Another analogy is that of following verbal directions or a printed map. If you manage to get so lost that neither you nor your advisors can even identify where you are – perhaps right off the map – then you find your self in a ‘leaving no one to pick up the trail’ situation. Recently I heard the example of one of my son’s staff trying to make connections with a ride provider who was to pick him up in Brandon, Manitoba. The would be passenger didn’t show up on time but phone discussions meant to home him in on a certain Brandon location eventually revealed that he thought he was in Brandon but he was actually in Dauphin. A worker familiar with both centers eventually twigged as to what was going on. The lost man had passed through Brandon and kept going. Blunders happen! Only 100km off target! If connecting with a ride provider was the goal, the efforts to home in were impacted greatly by a very basic and faulted ‘thought packet’! The man knew he was in a town, and his theory was that it was Brandon. What if the man had been so ‘lost’ when he was trying to connect, that he assumed he was in Brandon, but he was actually in Dothan, Alabama. Truly, it would have become difficult if not impossible for the wise to pick up the trail!

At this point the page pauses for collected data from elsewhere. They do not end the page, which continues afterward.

-- ===== src/Daemon/Snapshot/Turns.antt =====
-- The turns of the phases of a snapshot, and that what follows them leaves the phases alone.
use ch_vmm.Prelude.{
  String, ◌≡◌, refl, sym, ap, ◌∙◌, ◌⊎◌, inl, inr, Bool, Bool-cases, true, false, List, [], ◌∷◌,
  if◌then◌else◌,
}
use ch_vmm.Controller.Program.{
  Answer, done, not_found, already_exists, conflict, failed, Result, ok, err, panicked,
  in_five_seconds, Program, bind, ◌>>=◌, ◌>>◌, return,
}
use ch_vmm.Daemon.{Vm, Phase, Node}
use ch_vmm.Daemon.Snapshot.{
  Snapshot, SnapshotPhase, DiskStatus, DiskPhase, update_vm, Server, State, set_phase, record_event,
}
use ch_vmm.Daemon.Snapshot.Reconcile.{
  Turn, Look, leave, proceed, is_running, is_broken, is_waiting, any_look, look_if, look_all,
  written_if, conclude, started_if, reconcile_scheduled, reconcile_created, statuses, finish,
  reconcile_specified,
}
use ch_vmm.Daemon.Snapshot.Calm.{
  place, Calm, calm, fetch-Calm, event-Calm, get_status-Calm, disks-Calm, return-Calm, bind-Calm,
}
use ch_vmm.Daemon.Snapshot.Taking.{create_spec-Calm}
use ch_vmm.Daemon.Snapshot.Steps.{
  stay, begin, refuse, specify, finish_all, is_running-running, step_to, Calm-Goes, behind-Goes,
  set-Goes, succeeds-Calm, Step, Goes,
}

module _ (server : Server) (node : Node) (vm : Vm) (st : ch_vmm.Daemon.Status)
    (snap : Snapshot) where
  pub written_if-Calm :
      (a : Answer) (b : Bool) → Calm server (written_if server node vm st snap a b)
  unfolding written_if
  written_if-Calm done true = search calm
  written_if-Calm done false = search calm
  written_if-Calm conflict b = search calm
  written_if-Calm not_found b = search calm
  written_if-Calm already_exists b = search calm
  written_if-Calm failed b = search calm

  pub conclude-Calm : (turn : Turn) → Calm server (conclude server node vm st snap turn)
  unfolding conclude
  conclude-Calm (leave o) = search calm
  conclude-Calm (proceed b) = search (calm, written_if-Calm)

  pub look_if-Calm :
      (n : String) (a : Answer × DiskPhase) → Calm server (look_if server node vm st snap n a)
  unfolding look_if
  look_if-Calm n (done, p) = search calm
  look_if-Calm n (not_found, p) = search calm
  look_if-Calm n (already_exists, p) = search calm
  look_if-Calm n (conflict, p) = search calm
  look_if-Calm n (failed, p) = search calm

  pub look_all-Calm : (ds : List DiskStatus) → Calm server (look_all server node vm st snap ds)
  unfolding look_all
  look_all-Calm [] = search calm
  look_all-Calm (d ∷ ds) = bind-Calm (fetch-Calm _ _ refl) (λ a.
      bind-Calm (look_if-Calm d.name a)
        (λ l. bind-Calm (look_all-Calm ds) (λ ls. return-Calm (l ∷ ls))))

  pub started_if-Step :
      (a : Answer) (s : State)
      → place s ≡ (SnapshotPhase.scheduled, Phase.snapshotting)
      → Step
          (SnapshotPhase.scheduled, Phase.running)
          (place (started_if server node vm st snap a s).1)
  unfolding started_if
  started_if-Step done s e = step_to (ap (λ x. (SnapshotPhase.in_progress, x.1)) e) begin
  started_if-Step not_found s e = step_to e refuse
  started_if-Step already_exists s e = step_to e refuse
  started_if-Step conflict s e = step_to e refuse
  started_if-Step failed s e = step_to e refuse

  pub scheduled-Goes :
      (v : Phase) → Goes (SnapshotPhase.scheduled, v) (reconcile_scheduled server node vm st snap)
  unfolding reconcile_scheduled
  scheduled-Goes v = record { led = λ s e. go s e (Bool-cases (is_running s.0.vm_phase)) }
    where
      go :
          (s : State)
          → place s ≡ (SnapshotPhase.scheduled, v)
          → (is_running s.0.vm_phase ≡ true) ⊎ (is_running s.0.vm_phase ≡ false)
          → Step
              (SnapshotPhase.scheduled, v)
              (place (reconcile_scheduled server node vm st snap s).1)
      go (m, t) e (inl b) =
          let runs : v ≡ Phase.running = sym (ap (λ x. x.1) e) ∙ is_running-running m.vm_phase b in
          rw (runs, b, reconcile_scheduled)
            (started_if-Step (server.answer t (update_vm Phase.snapshotting))
              (record m { vm_phase = Phase.snapshotting }, update_vm Phase.snapshotting ∷ t)
              (ap (λ x. (x.0, Phase.snapshotting)) e))
      go (m, t) e (inr b) = rw (b, reconcile_scheduled) (step_to e stay)

  pub created-Goes :
      (v : Phase) → Goes (SnapshotPhase.created, v) (reconcile_created server node vm st snap)
  unfolding reconcile_created
  created-Goes v =
      behind-Goes {server = server} _ (succeeds-Calm (create_spec-Calm server vm st snap))
        (λ b. by_result b)
    where
      by_result :
          (b : Bool)
          → Goes
              (SnapshotPhase.created, v)
              (if b
                then (set_phase SnapshotPhase.specified >> return (proceed false))
                else return (proceed true))
      by_result true =
          set-Goes {server = server} _ SnapshotPhase.specified v _ specify (return-Calm _)
      by_result false = Calm-Goes {server = server} _ (return-Calm _)

  pub finish-Goes :
      (v : Phase) (ls : List Look)
      → Goes (SnapshotPhase.specified, v) (finish server node vm st snap ls)
  unfolding finish
  finish-Goes v ls = by_broken (any_look is_broken ls) (any_look is_waiting ls)
    where
      settle :
          Goes
            (SnapshotPhase.specified, v)
            (record_event "AllDiskSnapshotsReady"
              >> (set_phase SnapshotPhase.ready >> return (proceed false)))
      settle = behind-Goes {server = server} _ (event-Calm "AllDiskSnapshotsReady") (λ _.
          set-Goes {server = server} SnapshotPhase.specified SnapshotPhase.ready v
            (return (proceed false)) finish_all (return-Calm (proceed false)))

      by_broken :
          (b w : Bool)
          → Goes
              (SnapshotPhase.specified, v)
              (if b
                then (do
                  set_phase SnapshotPhase.failed
                  record_event "AllDiskSnapshotsReady"
                  set_phase SnapshotPhase.ready
                  return (proceed false))
                else if w
                then return (leave in_five_seconds)
                else (do
                  record_event "AllDiskSnapshotsReady"
                  set_phase SnapshotPhase.ready
                  return (proceed false)))
      by_broken true w = record {
        led = λ s e. step_to (ap (λ x. (SnapshotPhase.ready, x.1)) e) finish_all;
      }
      by_broken false true = Calm-Goes {server = server} _ (return-Calm _)
      by_broken false false = record { led = λ s e. settle.led s e }

  pub specified-Goes :
      (v : Phase) → Goes (SnapshotPhase.specified, v) (reconcile_specified server node vm st snap)
  unfolding reconcile_specified
  specified-Goes v = behind-Goes {server = server} _ get_status-Calm (λ s.
      behind-Goes {server = server} _ (look_all-Calm s.disks) (λ ls. record {
        led = λ u e.
            (behind-Goes {server = server} _ (disks-Calm (λ _. statuses ls))
                (λ _. finish-Goes v ls)).led
              u e;
      }))

  -- Behind a turn, the phases stay.
  pub concluded :
      (m : Program State Turn) (s : State)
      → place ((m >>= conclude server node vm st snap) s).1 ≡ place (m s).1
  concluded m s = go (m s)
    where
      go :
          (r : Result Turn × State) → place (bind r (conclude server node vm st snap)).1 ≡ place r.1
      go (ok a, t) = (conclude-Calm a).kept t
      go (err e, t) = refl
      go (panicked, t) = refl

Consider some rather foundational mental packets that have infected the herd and had a major impact on many areas. The belief that the sun rotated around the earth. Galileo got into friction on that one. The belief that the earth is flat. Amazingly that mental packet isn’t extinct. Failure to appreciate the effects of relativity on GPS technology – mentioned earlier. Failure to consider the chemical mechanisms connected with Freon 12, the wonder compound that made household refrigeration practical, was then produced in huge volumes for multiple applications, but was destroying the earth’s ozone layer. Charles Kettering, the technical brain who helped General Motors grow large, flubbed on that one. Belief that cholera was caused by getting a chill on the abdomen. Look up the amusing story on that one on Wikipedia - cholera belts were real. Belief that the earth is only 6000 years old. Still going strong in many circles. Belief that Columbus was the first significant old world traveller with sufficienct technical umph to make contact with North America. Case out how Mi’kmaq hieroglyphics are so similar to Egyptian hieroglyphics and check how Pierre Maillard documented the writing style prior to the deciphering of the Rosetta stone and then consider if a modern heretic like Barry Fell deserved the ridicule he endured. Fell was not a ‘Columbus first’ advocate!






























A vital reality clue that a true Sherlock is aware of, is that many herd mental failings, that allow destructive mental viruses to infect human herds, develop over a time period that is greater than a human lifetime. ‘Reality disconnects’ can gradually develop and then, when a certain pathologic mental virus comes along, a huge segment of the herd is vulnerable and you have a ‘mental viral pandemic’. And one negative infection can set the herd up for further negative infections until such time that the herd thinks it is in Brandon but it is really in Dothan. And then, no one can pick up the trail of wisdom.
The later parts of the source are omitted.